[ASSIGNMENT]: Within the entries below, count the lines that hold the string "main" and give only that number.
▬▬▬
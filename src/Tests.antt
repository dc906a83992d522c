-- ===== src/Tests.antt =====
-- Runs at concrete inputs.
mod Users
mod Login
mod ToyJson
mod Messages
mod Requests
mod Bridges
mod Sessions
mod Programs
mod ToyBoard
mod Gates
mod Systems
mod Menus
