-- ===== src/Lib.antt =====
-- The event path of the portfolio service: what happens to an event between the HTTP request that posts
-- it, the Kafka ingress topic and the database, and what the service tells about it.
--
-- The API (portfolio/api.py) checks a request, makes the job of its event and sends it to the ingress
-- topic; it answers what became of a request, lists the events of a stream and the dead letters, and
-- replays a dead letter on demand, under the same claims as the replayer. A record of the ingress topic is decoded and validated (worker/main.py), persisted with its number
-- in its room, its request status and its intent to notify in one transaction, and only then is its
-- offset committed. A record that cannot be stored goes to the DLQ topic, from which the replayer
-- (worker/dlq_replayer.py) sends it again under a claim (portfolio/state_store.py). The outbox relay
-- (worker/outbox.py) publishes the intents, and the notification worker stores the attempts.
--
-- The modules and the code that they follow:
--   Prelude      texts as code points, tests on natural numbers, lists
--   Errors       the exceptions of the path, and results
--   Json         JSON values; Json/Checks the type checks that recur in the code; Json/Structure is
--                portfolio/event_envelope.py, `validate_json_structure` with its work list; Json/Lookup
--                and Json/Size are about fields and about the length of a text in UTF-8
--   Database     the tables of alembic/versions as lists of rows, statements as functions of the
--                state, Database/Session the transaction of portfolio/db.py, `get_conn`
--   Store        portfolio/state_store.py: Store/Status the request statuses, Store/Claim the claims
--                of replays
--   Worker       worker/main.py, by part: Route (`_INGRESS_ROUTE_RE`), Envelope (`_event_envelope`),
--                Ingress (`_validate_ingress_payload`), Response (`_message_row_response`, cached
--                responses), Cached (idempotency keys), Persist (`_persist_message_with_cursor`),
--                Status (the payloads), Transaction (`persist_ingress_job`), World (topics, status
--                updates, `move_to_dlq`, `mark_inline_retry`), Handle (the loop of
--                `handle_ingress_job`), Rejection (`move_invalid_ingress_to_dlq`), Consume
--                (`handle_ingress_job`), Batch (`_process_worker_batch`), Notice and Notify
--                (notifications); Worker/Orders is portfolio/order_events.py, Worker/Outbox is
--                worker/outbox.py, Worker/Replayer is worker/dlq_replayer.py
--   Api          portfolio/api.py, by part: Schemas (portfolio/schemas.py, the bodies that the
--                framework lets through), Answer (the errors of the database as answers, and
--                `publish_ingress_job` of portfolio/kafka_client.py), Intake (`create_event`,
--                `create_generic_event`, `create_order_event`), Status (`get_event_request_status`),
--                Dlq (the list, its summary and the replay of dead letters; Item is one letter,
--                Counted the summary, Manual the claimed replay), Streams (`create_stream`,
--                `list_events`, the summary of a stream), Reading (`mark_as_read`, `unread_count`),
--                Reset (`reset_demo_events`, with `reset_topic` of portfolio/kafka_client.py)
--   Tests        the theorems at concrete inputs
--
-- State. A database is a record of its tables; `next_message_id` is the sequence of the ids, which a
-- rollback does not reset. A transaction is a function of the database, and transactions follow one
-- another: the row locks and the advisory locks of the code order those that touch the same rows. How
-- the database fares in a transaction is an argument: it answers, it fails before the commit, or it
-- commits and the answer is lost. The same holds of the sends, the commits of offsets and the seeks.
-- What the server gives back of a JSONB document is a field of the database, since it is PostgreSQL's; it
-- is applied where a status is read, while payloads of events and cached responses are kept as the dicts
-- that were written. The transactions of several replayers are steps (Store/Claim/History): claims,
-- marks, releases, and all that leave the table of the claims alone.
--
-- Fuel. The work list of `validate_json_structure` has as many rounds as the value has entries to
-- push and pop; the loop of `handle_ingress_job` has one round more than the retries that are
-- allowed. Both are enough, which is part of what is shown of them.
--
-- Integers are natural numbers and ℤ, as Python's are unbounded; the bounds of PostgreSQL are tests
-- of the code. Times are seconds of the database or milliseconds of the worker's clock.
--
-- Not modelled: metrics and logs, sleeps, the pool of connections, JSON decoding, `isoformat`
-- parsing, hashing and base64 (parameters where their results matter); of the API, the users, logins
-- and tokens, the health endpoints and the parsing of requests (identifiers and times of a call are
-- arguments, and so are the ages of dead letters and Python's `repr` of a value); the operations agent,
-- the scripts and the deployment.
pub mod Prelude
pub mod Errors
pub mod Json
pub mod Database
pub mod Store
pub mod Worker
pub mod Api
pub mod Tests
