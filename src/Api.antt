-- ===== src/Api.antt =====
-- The HTTP API: portfolio/api.py, with the checks of portfolio/schemas.py on what it is sent.
pub mod Answer
pub mod Schemas
pub mod Intake
pub mod Status
pub mod Dlq
pub mod Streams
pub mod Reading
pub mod Reset
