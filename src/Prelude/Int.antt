-- ===== src/Prelude/Int.antt =====
-- Python's integers, as signed numbers over the native naturals.
use Prim.Native.Nat.{ℕ}

-- `negsuc n` is -(n + 1).
pub data ℤ : Type 0 where
  pos : ℕ → ℤ
  negsuc : ℕ → ℤ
▬▬▬
[OUTPUT FOR THIS EXERCISE]: 2